== Aim of the task ==
Work through the records below and copy every line that includes "Type".

-- -- --

-- ===== src/Pages/Deliveries/Isolated.antt =====
-- What a POST about a delivery can reach: one delivery, of the account's own shop.
use javi.Prelude.{
  ℕ, ◌≡◌, refl, sym, ap, subst, List, ◌⊎◌, inl, inr, true, ==_iff, [], Option, none, some, first,
  first-holds, none-first, any, ◌==◌, ◌&&◌, Bool, false, is_none, arith, Bool-cases,
}
use javi.Model.{Shop, Delivery, is_on_the_way, is_delivered}
use javi.Env.{Env}
use javi.World.{World}
use javi.Exec.{Exec, Result, quota_exceeded, value_error, does_not_exist, ok, err}
use javi.Exec.Keeps.{Keeps, Keeps-bind, SameDb, SameDb-preorder, keeps_rules}
use javi.Deliveries.{delivery_row, mark_ready, mark_delivered, soft_delete, restore}
use javi.Deliveries.Start.{start_delivery}
use javi.Deliveries.Start.Reach.{SameOthers, SameOthers-preorder, start_delivery-SameOthers}
use javi.Deliveries.Messages.{PhoneResult, resend_on_the_way}
use javi.Deliveries.Messages.Resend.Reach.{resend_on_the_way-SameOthers}
use javi.Deliveries.Edit.{Edit, update_delivery}
use javi.Deliveries.Edit.Safe.{update_delivery_lem}
use javi.Api.Create.{Readers}
use javi.Api.Others.{
  mark_ready-SameOthers, mark_delivered-SameOthers, soft_delete-SameOthers, restore-SameOthers,
}
use javi.Pages.{Page, Notice, not_found}
use javi.Deliveries.Start.Races.{get_shop-SameDb, compute_eta-SameDb}
use javi.Pages.Forms.{
  Date, ClockTime, EditFields, EtaFields, clean_phone, clean_eta, clean_edit_eta,
}
use javi.Pages.Deliveries.{
  Action, takes, edit, start, resend, mark_as_delivered, ready, delete, restore_it, is_live,
  live_delivery, caught, confirm_eta_page, save_edit, edit_of, edit_fields, edit_post, start_at,
  start_post, resend_post, act, act_on, post,
}

-- The test of the row that a POST may be about, written out.
abbrev pub is_own_row : Shop → ℕ → Action → Delivery → Bool
is_own_row shop pk action d =
    d.id == pk && d.shop_id == shop.id && is_none d.pii_purged_at && takes action d

-- The table has no row that the POST may be about.
abbrev pub HasNone : Option Shop → ℕ → Action → World → Type 0
HasNone none pk action w = Unit {0}
HasNone (some shop) pk action w = any (is_own_row shop pk action) w.deliveries ≡ false

-- The request is about this row of the table, of the shop of the account, and changes no other.
pub record IsOwn (account : Option Shop) (pk : ℕ) (action : Action) (w w' : World) : Type 0 where
  pub shop : Shop
  pub delivery : Delivery
  pub of_table : first (λ (d : Delivery). is_own_row shop pk action d) w.deliveries ≡ some delivery
  pub of_account : account ≡ some shop
  pub of_shop : delivery.shop_id ≡ shop.id
  pub asked_for : delivery.id ≡ pk
  pub not_erased : is_none delivery.pii_purged_at ≡ true
  pub others : SameOthers pk w w'

caught_world : {A : Type 0} (f : A → Page) (s : Result A × World) → (caught f s).1 ≡ s.1
unfolding caught
caught_world f (ok a, w) = refl
caught_world f (err (quota_exceeded c h), w) = refl
caught_world f (err value_error, w) = refl
caught_world f (err does_not_exist, w) = refl

caught-SameOthers :
    {A : Type 0} (id : ℕ) (f : A → Page) (w : World) (s : Result A × World)
    → SameOthers id w s.1
    → SameOthers id w (caught f s).1
caught-SameOthers id f w s h = subst (λ v. SameOthers id w v) (sym (caught_world f s)) h

module _ (env : Env) where
  clean_eta-SameDb : (f : Option EtaFields) → Keeps SameDb (clean_eta env f)
  unfolding clean_eta
  clean_eta-SameDb none = record { at = λ w. refl }
  clean_eta-SameDb (some f) = record { at = λ w. ground arith }

  clean_edit_eta-SameDb :
      (d : Delivery) (date : Option Date) (time : Option ClockTime)
      → Keeps SameDb (clean_edit_eta env d date time)
  unfolding clean_edit_eta
  clean_edit_eta-SameDb d date time = record { at = λ w. ground arith }

  confirm-SameDb :
      (notices : List Notice) (d : Delivery) → Keeps SameDb (confirm_eta_page env notices d)
  unfolding confirm_eta_page
  confirm-SameDb notices d =
      search (keeps_rules, SameDb-preorder, get_shop-SameDb, compute_eta-SameDb) depth 10

  of_SameDb : {A : Type 0} (id : ℕ) (m : Exec A) → Keeps SameDb m → Keeps (SameOthers id) m
  of_SameDb id m same = record { at = λ w k other. ap (delivery_row k) (same.at w) }

  start_at-SameOthers :
      (d : Delivery) (eta : Option ℕ) → Keeps (SameOthers d.id) (start_at env d eta)
  unfolding start_at
  start_at-SameOthers d none = record { at = λ w k other. refl }
  start_at-SameOthers d (some t) = record {
    at = λ w.
        caught-SameOthers d.id _ w (start_delivery env d (some t) w)
          ((start_delivery-SameOthers env d (some t)).at w);
  }

  save_edit-SameOthers :
      (d : Delivery) (e : Option Edit) → Keeps (SameOthers d.id) (save_edit env d e)
  unfolding save_edit
  save_edit-SameOthers d none = record { at = λ w k other. refl }
  save_edit-SameOthers d (some e) = record {
    at = λ w.
        caught-SameOthers d.id _ w (update_delivery env d e w)
          (update_delivery_lem env d e w).0.others;
  }

  edit_post-SameOthers :
      (readers : Readers) (d : Delivery) (f : Option EditFields)
      → Keeps (SameOthers d.id) (edit_post env readers d f)
  unfolding edit_post edit_fields
  edit_post-SameOthers readers d none = record { at = λ w k other. ground arith }
  edit_post-SameOthers readers d (some f) = elim (Bool-cases (is_delivered d.status)) [
    | inl over ↦ rw over (record { at = λ w k other. refl })
    | inr open_still ↦ rw open_still (
        Keeps-bind (SameOthers-preorder d.id) (clean_edit_eta env d f.eta_date f.eta_time)
          (λ eta. save_edit env d (edit_of readers eta f.fields))
          (of_SameDb d.id _ (clean_edit_eta-SameDb d f.eta_date f.eta_time))
          (λ eta. save_edit-SameOthers d (edit_of readers eta f.fields)))
  ]

  start_post-SameOthers :
      (d : Delivery) (f : Option (Option EtaFields)) → Keeps (SameOthers d.id) (start_post env d f)
  unfolding start_post
  start_post-SameOthers d none = elim (Bool-cases (is_on_the_way d.status)) [
    | inl started ↦ rw started (record { at = λ w k other. refl })
    | inr waits ↦ rw waits (of_SameDb d.id _ (confirm-SameDb [] d))
  ]
  start_post-SameOthers d (some f) =
      Keeps-bind (SameOthers-preorder d.id) (clean_eta env f) (start_at env d)
        (of_SameDb d.id _ (clean_eta-SameDb f)) (start_at-SameOthers d)

  resend_post-SameOthers :
      (d : Delivery) (phone : Option PhoneResult)
      → Keeps (SameOthers d.id) (resend_post env d phone)
  unfolding resend_post
  resend_post-SameOthers d none = record { at = λ w k other. refl }
  resend_post-SameOthers d (some phone) = record {
    at = λ w.
        caught-SameOthers d.id _ w (resend_on_the_way env d (some phone) w)
          ((resend_on_the_way-SameOthers env d (some phone)).at w);
  }

  act-SameOthers :
      (readers : Readers) (action : Action) (d : Delivery) (w : World)
      → SameOthers d.id w (act env readers action d w).1
  unfolding act
  act-SameOthers readers (edit f) d w = (edit_post-SameOthers readers d f).at w
  act-SameOthers readers (start f) d w = (start_post-SameOthers d f).at w
  act-SameOthers readers (resend raw) d w =
      (resend_post-SameOthers d (clean_phone readers raw)).at w
  act-SameOthers readers mark_as_delivered d w =
      caught-SameOthers d.id _ w (mark_delivered env d w) (mark_delivered-SameOthers env d w)
  act-SameOthers readers ready d w =
      caught-SameOthers d.id _ w (mark_ready d w) (mark_ready-SameOthers d w)
  act-SameOthers readers delete d w =
      caught-SameOthers d.id _ w (soft_delete env d w) (soft_delete-SameOthers env d w)
  act-SameOthers readers restore_it d w =
      caught-SameOthers d.id _ w (restore d w) (restore-SameOthers d w)

  act_on-IsOwn :
      (readers : Readers) (shop : Shop) (pk : ℕ) (action : Action) (o : Option Delivery) (w : World)
      → first (is_live shop pk action) w.deliveries ≡ o
      → ((act_on env readers action o w ≡ (ok not_found, w)) × HasNone (some shop) pk action w)
        ⊎ IsOwn (some shop) pk action w (act_on env readers action o w).1
  unfolding act_on
  act_on-IsOwn readers shop pk action none w found =
      inl (refl, none-first (is_own_row shop pk action) w.deliveries found)
  act_on-IsOwn readers shop pk action (some d) w found =
      let live = first-holds (is_live shop pk action) w.deliveries d found in
      let same : d.id ≡ pk = (==_iff d.id pk).0 (ground (arith, live)) in
      let own : d.shop_id ≡ shop.id = (==_iff d.shop_id shop.id).0 (ground (arith, live)) in
      inr (record {
        shop = shop;
        delivery = d;
        of_table = found;
        of_account = refl;
        of_shop = own;
        asked_for = same;
        not_erased = ground (arith, live);
        others =
            subst (λ id. SameOthers id w (act env readers action d w).1) same
              (act-SameOthers readers action d w);
      })

  -- A POST about a delivery, whatever it asks for, is answered 404 with nothing changed, and then
  -- the table has no row of the account's own shop with this number, not erased, and deleted or not
  -- as the page wants it; or it is about such a row of the table, the first one, and leaves each
  -- other delivery as it was.
  pub post-IsOwn :
      (readers : Readers) (account : Option Shop) (pk : ℕ) (action : Action) (w : World)
      → ((post env readers account pk action w ≡ (ok not_found, w)) × HasNone account pk action w)
        ⊎ IsOwn account pk action w (post env readers account pk action w).1
  unfolding post live_delivery act_on
  post-IsOwn readers none pk action w = inl (refl, tt)
  post-IsOwn readers (some shop) pk action w =
      act_on-IsOwn readers shop pk action (first (is_live shop pk action) w.deliveries) w refl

-- -- --

== Exercise response ==
abbrev pub HasNone : Option Shop → ℕ → Action → World → Type 0
pub record IsOwn (account : Option Shop) (pk : ℕ) (action : Action) (w w' : World) : Type 0 where
caught_world : {A : Type 0} (f : A → Page) (s : Result A × World) → (caught f s).1 ≡ s.1
    {A : Type 0} (id : ℕ) (f : A → Page) (w : World) (s : Result A × World)
  of_SameDb : {A : Type 0} (id : ℕ) (m : Exec A) → Keeps SameDb m → Keeps (SameOthers id) m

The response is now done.